That representation of a board can take an engine quite far. A less obvious, but unusually powerful, technique is to represent the chessboard as a set of individual bits. A chessboard is a square, eight squares on a side, for a total of 64 squares: a power of two. This matches nicely with modern CPUs which operate on words of 64 bits.

Consider each bit of a 64-bit word corresponding to a boolean property of a single square on the chessboard. Perhaps the first bit corresponds to the state of square A1, the second B1, etc., and the last bit represents H8.

If using a single bit per square on the board, it's not possible to express which piece is in a square. With six distinct pieces (pawn, knight, bishop, rook, queen, king), each coming in two colors (white, black), plus the notion of an empty square, we'd need several bits to express that state of a single square. To keep our data fitting nicely in 64-bit words, we'll instead use several 64-bit words. For example, one word would express "position of the black pawns," where a set bit indicates a black pawn on the square, and an unset bit indicates the lack of a black pawn on that square.

This technique is called a "bitboard" representation.

The benefits of this technique become more clear when we have to ask questions beyond "what piece is on this square?" Consider a task like determining "does black occupy light-square diagonals?" Here, we'd need to verify either that there's a queen on the board (who could move to the light diagonals, if not already on a light square), or there's at least one bishop and that bishop is on a light-colored square (as bishops cannot change their diagonal). With an array alone, this is quite a chore, and array-based engines will often need to track piece counts in a separate array.

With bitboards, however, we simply need to OR the bitboards for the black queen and black bishops, resulting in a bitboard expressing the position of black's diagonal slider pieces, and then AND that result with a pre-computed bitboard of all the light-colored squares. If that result has any bits set, or in other words, is non-zero, then we know black has a diagonal-sliding piece (either a bishop or queen) somewhere on the light diagonals. Compare this series of computations - an OR, an AND, and then a comparison to zero - against indexing, possibly repeatedly to locate the pieces, into main memory.

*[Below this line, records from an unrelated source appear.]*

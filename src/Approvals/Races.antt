-- ===== src/Approvals/Races.antt =====
-- Requests of several workers on the same approvals. A request reads a row and writes later, so
-- that what it writes comes from a row as it once was: server/src/application/services/
-- approval_lifecycle.py, server/src/adapters/persistence/sqlalchemy/repositories/approval.py.
use juris_ai.Base.{
  ℕ, suc, String, Bool, true, false, ◌≡◌, refl, sym, ap, subst, ◌∙◌, Option, none, some, List, [],
  ◌∷◌, ◌==◌, if◌then◌else◌, Bool-cases, Option-cases, String-cases, ≡→==, ≢→==, inl, inr,
}
use juris_ai.Base.Dict.{get-put}
use juris_ai.Approvals.Records.{
  expired, ApprovalDecision, approve, reject, edit, is_waiting, Approval, ComplianceRow, Store,
  find, write, save_expired, save_decision, decide_row, log_decision,
}
use juris_ai.Approvals.Service.{Env, DecisionRequest, settle, commit_decision, create, expire}
use juris_ai.Approvals.Outcomes.{decided_as, decided, status_after, IsKeyed}
use juris_ai.Approvals.Decisions.{
  expire-missing, expire-found, expire-uncommitted, save_decision-waiting, save_decision-refused,
}

-- The rows of the compliance log that record a decision on an approval.
unfoldable pub decisions_of : String → List ComplianceRow → ℕ
decisions_of id [] = 0
decisions_of id (row ∷ rows) =
    let rest = decisions_of id rows in if row.approval_id == id then suc rest else rest

module _ {Json : Type 0} where
  -- One committed transaction of some request.
  infix 4 ◌⟶◌
  pub data ◌⟶◌ : Store Json → Store Json → Type 0 where
    -- A decision taken on a row that was read at any time before, under any clock.
    decides :
        (env : Env) (request : DecisionRequest Json) (user_id : String) (read : Approval Json)
        (s : Store Json)
        → s ⟶ (commit_decision env (decided env request user_id read) user_id s).1
    -- The expiry of an approval, however it stood when the request read it.
    expires : (env : Env) (id : String) (s : Store Json) → s ⟶ (expire env id s).1
    -- A new approval, under an id that no row and no decision has.
    creates :
        (ttl_seconds : ℕ) (env : Env) (action_id requested_by : String) (s : Store Json)
        → find env.new_id s ≡ none
        → s ⟶ (create ttl_seconds env action_id requested_by s).1

  infix 4 ◌⟶*◌
  pub data ◌⟶*◌ : Store Json → Store Json → Type 0 where
    done : (s : Store Json) → s ⟶* s
    step : (s t u : Store Json) → s ⟶ t → t ⟶* u → s ⟶* u

  -- What a transaction does to the row and the log of one approval.
  pub data Effect (id : String) (s t : Store Json) : Type 0 where
    same : find id t ≡ find id s → decisions_of id t.log ≡ decisions_of id s.log → Effect id s t
    lapses :
        (row : Approval Json)
        → find id s ≡ some row
        → find id t ≡ some (record row { status = expired })
        → decisions_of id t.log ≡ decisions_of id s.log
        → Effect id s t
    decision :
        (row row' : Approval Json)
        → find id s ≡ some row
        → is_waiting row.status ≡ true
        → find id t ≡ some row'
        → row'.id ≡ row.id
        → is_waiting row'.status ≡ false
        → decisions_of id t.log ≡ suc (decisions_of id s.log)
        → Effect id s t
    appears :
        (row : Approval Json)
        → find id s ≡ none
        → find id t ≡ some row
        → row.id ≡ id
        → decisions_of id t.log ≡ decisions_of id s.log
        → Effect id s t

  decided_id :
      (env : Env) (request : DecisionRequest Json) (user_id : String) (read : Approval Json)
      → (decided env request user_id read).id ≡ read.id
  unfolding decided decided_as
  decided_id env request user_id read = refl

  decided-is_waiting :
      (env : Env) (request : DecisionRequest Json) (user_id : String) (read : Approval Json)
      → is_waiting (decided env request user_id read).status ≡ false
  unfolding decided decided_as status_after
  decided-is_waiting env request user_id read = go request.decision
    where
      go : (d : ApprovalDecision) → is_waiting (status_after d) ≡ false
      go approve = refl
      go reject = refl
      go edit = refl

  settle-uncommitted :
      (env : Env) (user_id : String) (s : Store Json)
      (reply : Option (Bool × Approval Json) × Store Json)
      → env.commits ≡ false
      → (settle env user_id s reply).1 ≡ s
  unfolding settle
  settle-uncommitted env user_id s (none, written) c = refl
  settle-uncommitted env user_id s (some (false, row), written) c = refl
  settle-uncommitted env user_id s (some (true, row), written) c = rw c refl

  -- The store after a decision that found the row waiting.
  pub recorded_store :
      (env : Env) (entity row : Approval Json) (user_id : String) (s : Store Json)
      → find entity.id s ≡ some row
      → is_waiting row.status ≡ true
      → env.commits ≡ true
      → (commit_decision env entity user_id s).1
        ≡ log_decision
            (record {
              user_id = user_id;
              agent_action_id = row.agent_action_id;
              approval_id = row.id;
              decision_type = entity.decision_type;
            })
            (write entity.id (decide_row entity row) s)
  unfolding commit_decision settle
  recorded_store env entity row user_id s e w c =
      ap (λ r. (settle env user_id s r).1) (save_decision-waiting entity row s e w) ∙ rw c refl

  refused_store :
      (env : Env) (entity row : Approval Json) (user_id : String) (s : Store Json)
      → find entity.id s ≡ some row
      → is_waiting row.status ≡ false
      → (commit_decision env entity user_id s).1 ≡ s
  unfolding commit_decision settle
  refused_store env entity row user_id s e w =
      ap (λ r. (settle env user_id s r).1) (save_decision-refused entity row s e w)

  -- A write of any row that is not waiting, under the condition of save_decision.
  commit_decision-Effect :
      (env : Env) (entity : Approval Json) (user_id : String) (s : Store Json) (id : String)
      → IsKeyed s
      → is_waiting entity.status ≡ false
      → Effect id s (commit_decision env entity user_id s).1
  unfolding commit_decision settle save_decision decisions_of
  commit_decision-Effect env entity user_id s id keyed decided' =
      elim (Option-cases (find entity.id s)) [
        | inl e ↦ rw (e, save_decision) (same refl refl)
        | inr (row, e) ↦ elim (Bool-cases (is_waiting row.status)) [
          | inr w ↦
              subst (Effect id s) (sym (refused_store env entity row user_id s e w))
                (same refl refl)
          | inl w ↦ elim (Bool-cases env.commits) [
            | inr c ↦
                subst (Effect id s)
                  (sym (settle-uncommitted env user_id s (save_decision entity s) c))
                  (same refl refl)
            | inl c ↦
                subst (Effect id s) (sym (recorded_store env entity row user_id s e w c))
                  (elim (String-cases entity.id id) [
                    | inl p ↦
                        let found : find id s ≡ some row = subst (λ j. find j s ≡ some row) p e in
                        decision row (decide_row entity row) found w
                          (cc (
                            get-put entity.id id (decide_row entity row) s.approvals,
                            ≡→== entity.id id p,
                          ))
                          refl decided' (rw (≡→== row.id id (keyed id row found)) refl)
                    | inr (differ, q) ↦
                        same (cc (get-put entity.id id (decide_row entity row) s.approvals, q))
                          (rw (≢→== row.id id (λ r. differ (sym (keyed entity.id row e) ∙ r))) refl)
                  ])
          ]
        ]
      ]

  expire-Effect :
      (env : Env) (approval_id : String) (s : Store Json) (id : String)
      → Effect id s (expire env approval_id s).1
  unfolding expire save_expired
  expire-Effect env approval_id s id = elim (Bool-cases env.commits) [
    | inr c ↦
        subst (λ r. Effect id s r.1) (sym (expire-uncommitted env approval_id s c)) (same refl refl)
    | inl c ↦ elim (Option-cases (find approval_id s)) [
      | inl e ↦
          subst (λ r. Effect id s r.1) (sym (expire-missing env approval_id s e c)) (same refl refl)
      | inr (row, e) ↦
          subst (λ r. Effect id s r.1) (sym (expire-found env approval_id s row e c))
            (elim (String-cases approval_id id) [
              | inl p ↦
                  lapses row (subst (λ j. find j s ≡ some row) p e)
                    (cc (
                      get-put approval_id id (record row { status = expired }) s.approvals,
                      ≡→== approval_id id p,
                    ))
                    refl
              | inr (_, q) ↦
                  same
                    (cc (get-put approval_id id (record row { status = expired }) s.approvals, q))
                    refl
            ])
    ]
  ]

  write-Effect :
      (id new_id : String) (row : Approval Json) (s : Store Json)
      → find new_id s ≡ none
      → row.id ≡ new_id
      → Effect id s (write new_id row s)
  write-Effect id new_id row s fresh named = elim (String-cases new_id id) [
    | inl p ↦
        appears row (subst (λ j. find j s ≡ none) p fresh)
          (cc (get-put new_id id row s.approvals, ≡→== new_id id p)) (named ∙ p) refl
    | inr (_, q) ↦ same (cc (get-put new_id id row s.approvals, q)) refl
  ]

  create-Effect :
      (ttl_seconds : ℕ) (env : Env) (action_id requested_by : String) (s : Store Json) (id : String)
      → find env.new_id s ≡ none
      → Effect id s (create ttl_seconds env action_id requested_by s).1
  unfolding create
  create-Effect ttl_seconds env action_id requested_by s id fresh = elim (Bool-cases env.commits) [
    | inl c ↦ rw (c, create) (write-Effect id env.new_id _ s fresh refl)
    | inr c ↦ rw (c, create) (same refl refl)
  ]

  pub step-Effect : {s t : Store Json} (id : String) → IsKeyed s → s ⟶ t → Effect id s t
  step-Effect id keyed (decides env request user_id read s) =
      commit_decision-Effect env (decided env request user_id read) user_id s id keyed
        (decided-is_waiting env request user_id read)
  step-Effect id keyed (expires env approval_id s) = expire-Effect env approval_id s id
  step-Effect id keyed (creates ttl env action user s fresh) =
      create-Effect ttl env action user s id fresh

  pub Effect-IsKeyed : {s t : Store Json} → IsKeyed s → ((id : String) → Effect id s t) → IsKeyed t
  Effect-IsKeyed keyed effect id row found = elim (effect id) [
    | same e _ ↦ keyed id row (sym e ∙ found)
    | lapses old e e' _ ↦ keyed_as (keyed id old e) (sym e' ∙ found)
    | decision old new e w e' n w' l ↦ keyed_as (n ∙ keyed id old e) (sym e' ∙ found)
    | appears new e e' n l ↦ keyed_as n (sym e' ∙ found)
  ]
    where
      keyed_as : {new : Approval Json} → new.id ≡ id → some new ≡ some row → row.id ≡ id
      keyed_as n e = cc
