-- ===== src/Approvals/Once.antt =====
-- The decisions on one approval under interleaved requests:
-- server/src/application/services/approval_lifecycle.py, save_decision of
-- server/src/adapters/persistence/sqlalchemy/repositories/approval.py.
use juris_ai.Base.{
  ℕ, ◌+◌, ◌≤◌, String, true, false, ◌≡◌, ◌≢◌, refl, sym, ap, subst, ◌∙◌, Option, none, some, [],
  if◌then◌else◌, Bool-cases, ◌⊎◌, arith, inl, inr,
}
use juris_ai.Approvals.Records.{
  waiting, expired, is_waiting, Approval, Store, find, write, log_decision,
}
use juris_ai.Approvals.Service.{Env, DecisionRequest}
use juris_ai.Approvals.Outcomes.{decided_as, decided, status_after, IsKeyed}
use juris_ai.Approvals.Decisions.{is_waiting→≡, expire-found}
use juris_ai.Approvals.Service.{Reply, process}
use juris_ai.Approvals.Outcomes.{
  decision_row, Outcome, missing, foreign, late, stale, uncommitted, recorded,
}
use juris_ai.Approvals.Decisions.{process-Outcome, expire-found}
use juris_ai.Approvals.Races.{recorded_store, decides, expires}
use juris_ai.Approvals.Races.{
  decisions_of, ◌⟶◌, ◌⟶*◌, done, step, Effect, same, lapses, decision, appears, step-Effect,
  Effect-IsKeyed,
}

module _ {Json : Type 0} where
  -- How many decisions the row of an approval still admits.
  unfoldable pub open_for : Option (Approval Json) → ℕ
  open_for none = 1
  open_for (some row) = if is_waiting row.status then 1 else 0

  abbrev pub weight : String → Store Json → ℕ
  weight id s = decisions_of id s.log + open_for (find id s)

  open_for-waiting :
      (o : Option (Approval Json)) (row : Approval Json)
      → o ≡ some row
      → is_waiting row.status ≡ true
      → open_for o ≡ 1
  unfolding open_for
  open_for-waiting o row e w = ap open_for e ∙ rw w refl

  open_for-decided :
      (o : Option (Approval Json)) (row : Approval Json)
      → o ≡ some row
      → is_waiting row.status ≡ false
      → open_for o ≡ 0
  unfolding open_for
  open_for-decided o row e w = ap open_for e ∙ rw w refl

  open_for_le : (o : Option (Approval Json)) → open_for o ≤ 1
  unfolding open_for
  open_for_le none = omega arith
  open_for_le (some row) = elim (Bool-cases (is_waiting row.status)) [
    | inl w ↦ rw w (omega arith)
    | inr w ↦ rw w (omega arith)
  ]

  Effect-weight : {s t : Store Json} (id : String) → Effect id s t → weight id t ≤ weight id s
  unfolding open_for
  Effect-weight {s} {t} id (same e l) = omega (arith, l, ap open_for e)
  Effect-weight {s} {t} id (lapses row e e' l) =
      omega (arith, l, open_for-decided (find id t) _ e' refl)
  Effect-weight {s} {t} id (decision row row' e w e' n w' l) =
      omega
        (arith, l, open_for-waiting (find id s) row e w, open_for-decided (find id t) row' e' w')
  Effect-weight {s} {t} id (appears row e e' n l) =
      let before : open_for (find id s) ≡ 1 = ap open_for e in
      omega (arith, l, open_for_le (find id t))

  pub step-IsKeyed : {s t : Store Json} → IsKeyed s → s ⟶ t → IsKeyed t
  step-IsKeyed keyed move = Effect-IsKeyed keyed (λ id. step-Effect id keyed move)

  weight_le : {s t : Store Json} (id : String) → IsKeyed s → s ⟶* t → weight id t ≤ weight id s
  weight_le id keyed (done s) = omega arith
  weight_le id keyed (step s t u move rest) =
      let first = Effect-weight id (step-Effect id keyed move) in
      omega (arith, first, weight_le id (step-IsKeyed keyed move) rest)

  abbrev pub empty_store : Store Json
  empty_store = record { approvals = []; log = [] }

  -- However the transactions of requests interleave, from an empty table on, an approval has at
  -- most one decision in the compliance log, and one that is still waiting has none.
  pub one_decision :
      (id : String) (s : Store Json)
      → empty_store ⟶* s
      → (decisions_of id s.log ≤ 1)
        × ((row : Approval Json)
            → find id s ≡ some row
            → row.status ≡ waiting
            → decisions_of id s.log ≡ 0)
  unfolding decisions_of open_for
  one_decision id s steps =
      let keyed : IsKeyed empty_store = λ j row e. cc in
      let bound : weight id s ≤ 1 = weight_le id keyed steps in
      (
        omega arith,
        λ row found w. omega (arith, open_for-waiting (find id s) row found (rw w refl)),
      )

  abbrev pub as_expired : Approval Json → Approval Json
  as_expired row = record row { status = expired }

  -- What a decided row may still become.
  abbrev pub Remains : Approval Json → Approval Json → Type 0
  Remains row row' = (row' ≡ row) ⊎ (row' ≡ as_expired row)

  Remains-trans : {a b c : Approval Json} → Remains a b → Remains b c → Remains a c
  Remains-trans (inl p) (inl q) = inl (q ∙ p)
  Remains-trans (inl p) (inr q) = inr (q ∙ ap as_expired p)
  Remains-trans (inr p) (inl q) = inr (q ∙ p)
  Remains-trans (inr p) (inr q) = inr (q ∙ ap as_expired p)

  pub data Later (id : String) (row : Approval Json) (t : Store Json) : Type 0 where
    later :
        (row' : Approval Json)
        → find id t ≡ some row'
        → is_waiting row'.status ≡ false
        → Remains row row'
        → Later id row t

  Effect-Later :
      (id : String) (s t : Store Json) (row : Approval Json)
      → Effect id s t
      → find id s ≡ some row
      → is_waiting row.status ≡ false
      → Later id row t
  Effect-Later id s t row (same e l) found w = later row (e ∙ found) w (inl refl)
  Effect-Later id s t row (lapses old e e' l) found w =
      let p : old ≡ row = cc in later (as_expired old) e' refl (inr (ap as_expired p))
  Effect-Later id s t row (decision old new e w' e' n w'' l) found w =
      let p : old ≡ row = cc in absurd (cc (ap (λ r. is_waiting r.status) p, w, w'))
  Effect-Later id s t row (appears new e e' n l) found w = absurd (cc (e, found))

  steps-Later :
      (id : String) {s t : Store Json} (row : Approval Json)
      → IsKeyed s
      → s ⟶* t
      → find id s ≡ some row
      → is_waiting row.status ≡ false
      → Later id row t
  steps-Later id row keyed (done s) found w = later row found w (inl refl)
  steps-Later id row keyed (step s t u move rest) found w =
      elim (Effect-Later id s t row (step-Effect id keyed move) found w) [
        | later next found' w' r ↦
            elim (steps-Later id next (step-IsKeyed keyed move) rest found' w') [
              | later last found'' w'' r' ↦ later last found'' w'' (Remains-trans r r')
            ]
      ]

  -- In a store whose rows stand under their own ids, a decision that was recorded is never replaced
  -- by another one: whatever requests do later, the row keeps all that the decision wrote, except
  -- that its status may turn to expired.
  pub decision_stays :
      (id : String) (s t : Store Json) (row : Approval Json)
      → IsKeyed s
      → s ⟶* t
      → find id s ≡ some row
      → row.status ≢ waiting
      → (row' : Approval Json) × ((find id t ≡ some row') × Remains row row')
  decision_stays id s t row keyed steps found w = elim (Bool-cases (is_waiting row.status)) [
    | inl e ↦ absurd (w (is_waiting→≡ row.status e))
    | inr e ↦ elim (steps-Later id row keyed steps found e) [
      | later row' found' w' r ↦ (row', (found', r))
    ]
  ]

  -- In a store whose rows stand under their own ids, the store that an undisturbed decision request
  -- leaves is reached by transactions of the step relation.
  process_steps :
      (env : Env) (id : String) (request : DecisionRequest Json) (user_id : String) (s : Store Json)
      → IsKeyed s
      → s ⟶* (process env id request user_id s).1
  unfolding decided decided_as decision_row status_after
  process_steps env id request user_id s keyed =
      go _ (process-Outcome env id request user_id s keyed)
    where
      go : (r : Reply Json (Approval Json)) → Outcome env id request user_id s r → s ⟶* r.1
      go r (missing _) = done s
      go r (foreign _ _ _) = done s
      go r (late row own _ c) =
          subst (λ q. s ⟶* q.1) (expire-found env id s row own.found c)
            (step _ _ _ (expires env id s) (done _))
      go r (stale _ _ _ _) = done s
      go r (uncommitted _ _ _ _) = done s
      go r (recorded row own _ w c) =
          step _ _ _
            (subst (λ q. s ⟶ q)
              (recorded_store env (decided env request user_id row) row user_id s
                  (subst (λ j. find j s ≡ some row) (sym own.keyed) own.found) (rw w refl) c
                ∙ ap
                    (λ j.
                      log_decision (decision_row request user_id row)
                        (write j (decided env request user_id row) s))
                    own.keyed)
              (decides env request user_id row s))
            (done _)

Similarly, questions like "how many white pieces are on the board" become as simple as counting the bits set by ORing all the white piece bitboards together and then counting the number of bits set to 1. This operation is called a "population count," or "popcount" for short. An efficient popcount operation is critical for fast computation, but is interestingly non-trivial.

Implementing Popcount

The obvious method

While the modern C23 standard includes this operation in stdbit.h, the C99 standard (against which I did most of my work in this era) does not have a population count as a standard function. As most ambitious novices do, I started out implementing population count myself in perhaps the slowest possible manner:

int popcount_slow(uint64_t n) {
    int count = 0;
    while (n > 0) {
        if (n & 1) {
            count++;
        }
        n >>= 1;
    }
    return count;
}

Here, we shift the input by one bit at a time, checking if that last bit is set or not. Our loop will run a number of times proportional to the position of the highest set bit. For example, if the most-significant bit is the only bit set, we won't reach zero until we've shifted that bit all the way across the word.

A bit better

We can improve on this using a method attributed to Brian Kernighan, where instead of shifting by one bit at a time, we repeatedly AND our input with itself minus one. This extinguishes the lowest set bit with each pass, ensuring that we only loop as many times as we have bits set.

int popcount_better(uint64_t n) {
    int count = 0;
    while (n > 0) {
        n &= (n - 1);
        count++;
    }
    return count;
}

In doing so, the amount of iteration is reduced particularly for "sparse" words with few bits set, as well as removing a conditional branch. This remains completely portable between processors as written. We can improve further, but we start exploiting CPU-specific behaviors and features.

Putting the silicon to work

The GNU C Compiler (GCC) and compilers that follow similar conventions offer a useful __builtin_popcountll operation. While not part of the C standard, it informs the compiler that you're looking for the best version of popcount for the target hardware. If your target processor offers nothing, you might get something like the popcount_better above. However, many processors now offer implementations of the operation with dedicated circuits, or otherwise have characteristics our compiler knows how to utilize for performance.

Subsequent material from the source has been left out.